Shares of the staffing solutions platform provider ShiftPixy (PIXY) above 5% during the pre-market hours despite the firm reported mixed results. For the second quarter, the loss came in line with estimates however revenue failed to surpass estimates. The company’s stock is down 32% this year and over 67% in the last 12 months.
ShiftPixy reported a 67% jump in revenues to $13.2 million and loss contracted to $0.01 per share, an improvement from a loss per share of $0.09 reported in the prior year period. However, the top line reported was 11% down from street estimates of $14.84 million, while the bottom line came in line with expectations.

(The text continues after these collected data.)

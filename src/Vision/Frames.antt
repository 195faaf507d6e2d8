-- ===== src/Vision/Frames.antt =====
-- crates/clash-proxynet/src/vision.rs: frames on the wire, and what they carry.
use rust_clash.Common.{
  ℕ, ◌+◌, ◌<◌, ◌≤◌, ◌≡◌, ◌⊎◌, refl, sym, ◌∙◌, ap, List, [], ◌∷◌, ◌++◌, arith, length, All, take,
  drop, take-append-drop, length-take, cut_append, be16, nat_eq, list_eq,
}
use mathlib.Core.List.{append_assoc}
use rust_clash.Vision.{cmd_continue, cmd_end, max_frame}

-- The bytes of a frame.
abbrev pub frame_of : ℕ → List ℕ → List ℕ → List ℕ
frame_of command content padding =
    command ∷ (be16 (length content) ++ (be16 (length padding) ++ (content ++ padding)))

-- Frames by their content and padding, and how they end: there are no more, or one more with the
-- command END, behind which all bytes are the payload's.
abbrev pub Frames : Type 0
Frames = List (List ℕ × List ℕ)

pub data Ending : Type 0 where
  open_end : Ending
  raw_end : List ℕ → List ℕ → List ℕ → Ending

abbrev pub wire_of : Frames → Ending → List ℕ
wire_of [] Ending.open_end = []
wire_of [] (Ending.raw_end content padding rest) = frame_of cmd_end content padding ++ rest
wire_of ((content, padding) ∷ fs) end = frame_of cmd_continue content padding ++ wire_of fs end

abbrev pub carried : Frames → Ending → List ℕ
carried [] Ending.open_end = []
carried [] (Ending.raw_end content padding rest) = content ++ rest
carried ((content, padding) ∷ fs) end = content ++ carried fs end

-- A frame with content that fits.
abbrev pub IsFrame : List ℕ × List ℕ → Type 0
IsFrame (content, padding) =
    (0 < length content) × (length content + length padding + 5 ≤ max_frame)

abbrev pub IsEnding : Ending → Type 0
IsEnding Ending.open_end = Unit {0}
IsEnding (Ending.raw_end content padding rest) = IsFrame (content, padding)

-- What stands on the wire behind a frame of the command.
abbrev pub Behind : ℕ → List ℕ → List ℕ → Type 0
Behind command wire payload =
    ((command ≡ cmd_continue)
      × ((fs : Frames) × (end : Ending) × All IsFrame fs
          × IsEnding end
          × (wire ≡ wire_of fs end)
          × (payload ≡ carried fs end)))
    ⊎ ((command ≡ cmd_end) × (wire ≡ payload))

-- Equal lists begin with equal parts of one length.
pub fronts :
    (n : ℕ) (a b c d : List ℕ)
    → n ≤ length a
    → n ≤ length c
    → a ++ b ≡ c ++ d
    → (take n a ≡ take n c) × (drop n a ++ b ≡ drop n c ++ d)
fronts n a b c d h k e =
    cut_append (take n a) (drop n a ++ b) (take n c) (drop n c ++ d)
      (sym (append_assoc (take n a) (drop n a) b)
        ∙ ap (λ w. w ++ b) (take-append-drop n a)
        ∙ e
        ∙ ap (λ w. w ++ d) (sym (take-append-drop n c))
        ∙ append_assoc (take n c) (drop n c) d)
      (omega (arith, length-take n a, length-take n c))

pub short_wire : (fs : Frames) (end : Ending) → length (wire_of fs end) < 5 → carried fs end ≡ []
short_wire [] Ending.open_end h = refl
short_wire [] (Ending.raw_end content padding rest) h = absurd (omega arith)
short_wire ((content, padding) ∷ fs) end h = absurd (omega arith)

pub wire_long :
    (fs : Frames) (end : Ending) → 0 < length (wire_of fs end) → 5 ≤ length (wire_of fs end)
wire_long [] Ending.open_end h = absurd (omega arith)
wire_long [] (Ending.raw_end content padding rest) h = omega arith
wire_long ((content, padding) ∷ fs) end h = omega arith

The HR management platform currently focuses on the hospitality and restaurant sectors and plans to expand its offerings in the near future. It helps to reduce the regulatory hurdles and costs to large organizations and workers who are part of the Gig economy. In the Q2 period, gross billings came in at $48.6 million, up 70% over last year. The average employees serviced through the platform jumped 48% to 9,660.
Commenting about the firm’s outlook CEO Scott Absher said, “Looking ahead, we anticipate that our rapidly developing technology will further enhance our service offerings and better enable us to meet the needs of our growing assigned workforce and client base.”
ShiftPixy offers two primary solutions using its platform, Employer Solution and Shifter Solution. The company’s growth is mainly dependent on the increasing adoption of its platform by companies who are interested in enrolling part-time/temp workers for non-core tasks. The HR platform helps them to handle regulatory and compliance issues and offers cost-effective solutions.
On the flip side, the Shifter Solution helps workers who are part of the Gig economy to find out jobs at ease using the platform when they are done with the current gig or helps them to fill in voids in the current assignment.
In order to register solid growth, ShiftPixy needs to bring in more companies and workers to its platform. It also needs to expand its service offerings to more industries, reducing its dependency on the restaurant and hospitality sectors.